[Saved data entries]

-- ===== src/Poker/Tests.antt =====
-- Concrete hands and decks, and the theorems applied to them.
use mathlib.Core.List.{Permᴰ}
use mathlib.Core.List.Permᴰ
use white_board_server.Prelude.{
  ◌%◌, ◌==◌, Bool-cases, inl, inr, ◌&&◌, ◌≤◌, ℕ, ◌+◌, ◌≡◌, ◌≢◌, refl, Bool, true, false, not, none,
  some, List, [], ◌∷◌, ◌++◌, leb, arith, if◌then◌else◌, All, drop, take, length, ◌*◌, ap,
}
use white_board_server.Prelude.Int.{ℤ, pos}
use white_board_server.Poker.Card.{OnePoker, is_below, find_max_poker, max_from}
use white_board_server.Poker.Deck.{
  Deck, deal_pokers, shuffle, fill, card_at, init_poker, init_poker_except_group,
}
use white_board_server.Poker.Deck.Complete.{occurrences, init_poker-occurrences}
use white_board_server.Poker.Deck.Shuffling.Reaching.{results, shuffle-orders}
use white_board_server.Poker.Deck.Dealing.{dealt, hand_of, is_five, deal_pokers-dealt}
use white_board_server.Poker.Deck.Filling.{outside, init_poker_except_group-outside}
use white_board_server.Poker.Group.{Five, GroupPoker, five_cards, no_five, no_two}
use white_board_server.Poker.Cow.{IsSorted, Sorter, find_cow}
use white_board_server.Poker.Cow.Claim.{has_cow}
use white_board_server.Poker.Cow.Compare.{calc_cow_data, compare_group_poker}
use white_board_server.Poker.Cow.Rules.{rule, find_cow-rule}
use white_board_server.Poker.Cow.Claim.Verifying.{has_cow-find_cow}
use white_board_server.Poker.Cow.Compare.Deciding.{compare_group_poker-decides}
use white_board_server.Poker.Check.{
  names_each_place, claimed, check_cow_with_poker_info, count_places, all_once,
}
use white_board_server.Poker.Check.Verdict.{
  points, check_cow_with_poker_info-king, check_cow_with_poker_info-sum,
}
use white_board_server.Containers.Ord.{nat_ord}

-- Insertion by the value alone.
put_pair : ℕ × ℕ → List (ℕ × ℕ) → List (ℕ × ℕ)
put_pair p [] = p ∷ []
put_pair p (q ∷ rest) = if leb p.0 q.0 then p ∷ q ∷ rest else q ∷ put_pair p rest

put_pair-Permᴰ : (p : ℕ × ℕ) (l : List (ℕ × ℕ)) → Permᴰ (put_pair p l) (p ∷ l)
unfolding put_pair
put_pair-Permᴰ p [] = Permᴰ.refl (p ∷ [])
put_pair-Permᴰ p (q ∷ rest) = by_test (leb p.0 q.0) (put_pair-Permᴰ p rest)
  where
    by_test :
        (b : Bool)
        → Permᴰ (put_pair p rest) (p ∷ rest)
        → Permᴰ (if b then p ∷ q ∷ rest else q ∷ put_pair p rest) (p ∷ q ∷ rest)
    by_test true d = Permᴰ.refl (p ∷ q ∷ rest)
    by_test false d = Permᴰ.trans (Permᴰ.cons refl d) (Permᴰ.swap refl refl)

insertion_sort : List (ℕ × ℕ) → List (ℕ × ℕ)
unfolding put_pair
insertion_sort [] = []
insertion_sort (p ∷ rest) = put_pair p (insertion_sort rest)

insertion_sort-Permᴰ : (l : List (ℕ × ℕ)) → Permᴰ (insertion_sort l) l
unfolding insertion_sort
insertion_sort-Permᴰ [] = Permᴰ.nil
insertion_sort-Permᴰ (p ∷ rest) =
    Permᴰ.trans (put_pair-Permᴰ p (insertion_sort rest))
      (Permᴰ.cons refl (insertion_sort-Permᴰ rest))

All-put_pair :
    (m : ℕ) (p : ℕ × ℕ) (l : List (ℕ × ℕ))
    → m ≤ p.0
    → All (λ q. m ≤ q.0) l
    → All (λ q. m ≤ q.0) (put_pair p l)
unfolding put_pair
All-put_pair m p [] h a = (h, tt)
All-put_pair m p (q ∷ rest) h a = ground (arith, h, a, All-put_pair m p rest h a.1)

All-mono : (m n : ℕ) (l : List (ℕ × ℕ)) → m ≤ n → All (λ q. n ≤ q.0) l → All (λ q. m ≤ q.0) l
All-mono m n [] h a = tt
All-mono m n (q ∷ rest) h a = (omega (arith, h, a.0), All-mono m n rest h a.1)

put_pair-IsSorted : (p : ℕ × ℕ) (l : List (ℕ × ℕ)) → IsSorted l → IsSorted (put_pair p l)
unfolding put_pair
put_pair-IsSorted p [] s = (tt, tt)
put_pair-IsSorted p (q ∷ rest) s = elim (Bool-cases (leb p.0 q.0)) [
  | inl e ↦
      let low : p.0 ≤ q.0 = ground (arith, e) in rw e ((low, All-mono p.0 q.0 rest low s.0), s)
  | inr e ↦ rw e (All-put_pair q.0 p rest (ground (arith, e)) s.0, put_pair-IsSorted p rest s.1)
]

insertion_sort-IsSorted : (l : List (ℕ × ℕ)) → IsSorted (insertion_sort l)
unfolding insertion_sort
insertion_sort-IsSorted [] = tt
insertion_sort-IsSorted (p ∷ rest) =
    put_pair-IsSorted p (insertion_sort rest) (insertion_sort-IsSorted rest)

instance pub by_insertion : Sorter
by_insertion = record {
  sort = insertion_sort;
  sort-Permᴰ = insertion_sort-Permᴰ;
  sort-IsSorted = insertion_sort-IsSorted;
}

abbrev card : ℕ → ℕ → OnePoker
card value color = record { poker_value = value; poker_color = color }

-- A five, two aces and two twos: eleven points, and no three cards of ten or twenty.
abbrev hand : Five OnePoker
hand = record { at0 = card 5 1; at1 = card 1 1; at2 = card 1 2; at3 = card 2 1; at4 = card 2 2 }

abbrev kings : Five OnePoker
kings = record { at0 = card 13 1; at1 = card 13 2; at2 = card 10 2; at3 = card 2 1; at4 = card 8 2 }

abbrev group_of : Five OnePoker → GroupPoker
group_of cards = record {
  poker = cards;
  dn_type = 0;
  max_poker = none;
  b_calc = false;
  niu_poker_index = no_five;
  other_poker_index = no_two;
}

abbrev in_order : Five ℤ
in_order = record { at0 = pos 0; at1 = pos 1; at2 = pos 2; at3 = pos 3; at4 = pos 4 }

named : names_each_place in_order ≡ true
unfolding names_each_place count_places all_once
named = refl

has_cow-find_cow_example :
    let (kind, niu, other) = find_cow kings no_five no_two in has_cow kings niu ≡ kind
has_cow-find_cow_example = has_cow-find_cow kings no_two

find_cow-rule_example : (find_cow kings no_five no_two).0 ≡ rule kings
find_cow-rule_example = find_cow-rule kings no_five no_two

apart : find_max_poker (five_cards hand) ≢ find_max_poker (five_cards kings)
unfolding find_max_poker max_from is_below
apart e = absurd (ground (arith, ap (λ (p : OnePoker). p.poker_value) e))

compare_group_poker-decides_example :
    let a = group_of hand in
    let b = group_of kings in
    (a_lose : Bool) × (compare_group_poker a true b true
      ≡ some (a_lose, calc_cow_data a true, calc_cow_data b true))
    × (compare_group_poker b true a true
        ≡ some (not a_lose, calc_cow_data b true, calc_cow_data a true))
compare_group_poker-decides_example =
    compare_group_poker-decides (group_of hand) (group_of kings) true true refl refl apart

check_cow_with_poker_info-king_example :
    check_cow_with_poker_info 3 in_order (group_of kings) ≡ none
check_cow_with_poker_info-king_example =
    check_cow_with_poker_info-king 3 0 in_order (group_of kings) (card 13 1) named refl refl

abbrev small_deck : Deck
small_deck = record {
  cards = card 1 1 ∷ card 1 2 ∷ card 2 1 ∷ card 2 2 ∷ card 3 1 ∷ card 3 2 ∷ [];
  deal_position = 0;
  poker_min_value = 1;
  poker_max_value = 3;
}

-- The same cards with the last two first.
abbrev reordered : List OnePoker
reordered = card 3 1 ∷ card 3 2 ∷ card 1 1 ∷ card 1 2 ∷ card 2 1 ∷ card 2 2 ∷ []

shuffle-orders_example :
    ((cards : List OnePoker) × (shuffle (λ k. k + 3) 2 small_deck
        ≡ some (record small_deck { cards = cards; deal_position = 0 }))
      × Permᴰ cards small_deck.cards)
    × ((is : List ℕ) × (shuffle (results is) 1 small_deck
          ≡ some (record small_deck { cards = reordered; deal_position = 0 })))
shuffle-orders_example = shuffle-orders (λ k. k + 3) 2 small_deck reordered (λ p. omega arith)

deal_pokers-dealt_example :
    let (hands, d') = deal_pokers 2 small_deck in
    (hand_of 0 hands ≡ (
      if leb (0 + 5 * 0 + 5) (length small_deck.cards)
      then some (take 5 (drop (0 + 5 * 0) small_deck.cards))
      else none))
    × (dealt hands ++ drop d'.deal_position d'.cards ≡ drop 0 small_deck.cards)
    × All (λ h. is_five h ≡ true) hands
    × (d'.cards ≡ small_deck.cards)
deal_pokers-dealt_example = deal_pokers-dealt 2 small_deck 0 (omega arith)

abbrev aces_and_twos : Deck
aces_and_twos = record {
  cards =
      card 1 1 ∷ card 2 1 ∷ card 1 2 ∷ card 2 2 ∷ card 1 3 ∷ card 2 3 ∷ card 1 4 ∷ card 2 4 ∷ [];
  deal_position = 0;
  poker_min_value = 1;
  poker_max_value = 2;
}

init_poker-occurrences_example :
    occurrences (card 2 3) aces_and_twos.cards
    ≡ (if leb 1 3 && leb 3 4 && leb 1 2 && leb 2 2 then 1 else 0)
unfolding init_poker fill card_at
init_poker-occurrences_example = init_poker-occurrences 1 2 aces_and_twos (card 2 3) refl

init_poker_except_group-outside_example :
    (init_poker_except_group 1 2 (five_cards hand)
      ≡ some (record aces_and_twos { cards = outside (five_cards hand) aces_and_twos.cards }))
    × (occurrences (card 1 1) (outside (five_cards hand) aces_and_twos.cards) ≡ (
        if leb 1 1
          && leb 1 4
          && leb 1 1
          && leb 1 2
          && (occurrences (card 1 1) (five_cards hand) == 0)
        then 1
        else 0))
unfolding init_poker fill card_at
init_poker_except_group-outside_example =
    init_poker_except_group-outside 1 2 (five_cards hand) aces_and_twos (card 1 1) (omega arith)
      refl

check_cow_with_poker_info-sum_example :
    check_cow_with_poker_info 1 in_order (group_of hand)
    ≡ some (
        if points (five_cards hand) % 10 == 1 % 10
        then (true, claimed 1 in_order (group_of hand))
        else (false, group_of hand))
check_cow_with_poker_info-sum_example =
    check_cow_with_poker_info-sum 1 in_order (group_of hand) named (ground arith) (omega arith)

About this exercise - The line with "hand) == 0)", the last line of the data above, and every line between them should be duplicated exactly, with nothing else.

Answer to the problem -
          && (occurrences (card 1 1) (five_cards hand) == 0)
        then 1
        else 0))
unfolding init_poker fill card_at
init_poker_except_group-outside_example =
    init_poker_except_group-outside 1 2 (five_cards hand) aces_and_twos (card 1 1) (omega arith)
      refl

check_cow_with_poker_info-sum_example :
    check_cow_with_poker_info 1 in_order (group_of hand)
    ≡ some (
        if points (five_cards hand) % 10 == 1 % 10
        then (true, claimed 1 in_order (group_of hand))
        else (false, group_of hand))
check_cow_with_poker_info-sum_example =
    check_cow_with_poker_info-sum 1 in_order (group_of hand) named (ground arith) (omega arith)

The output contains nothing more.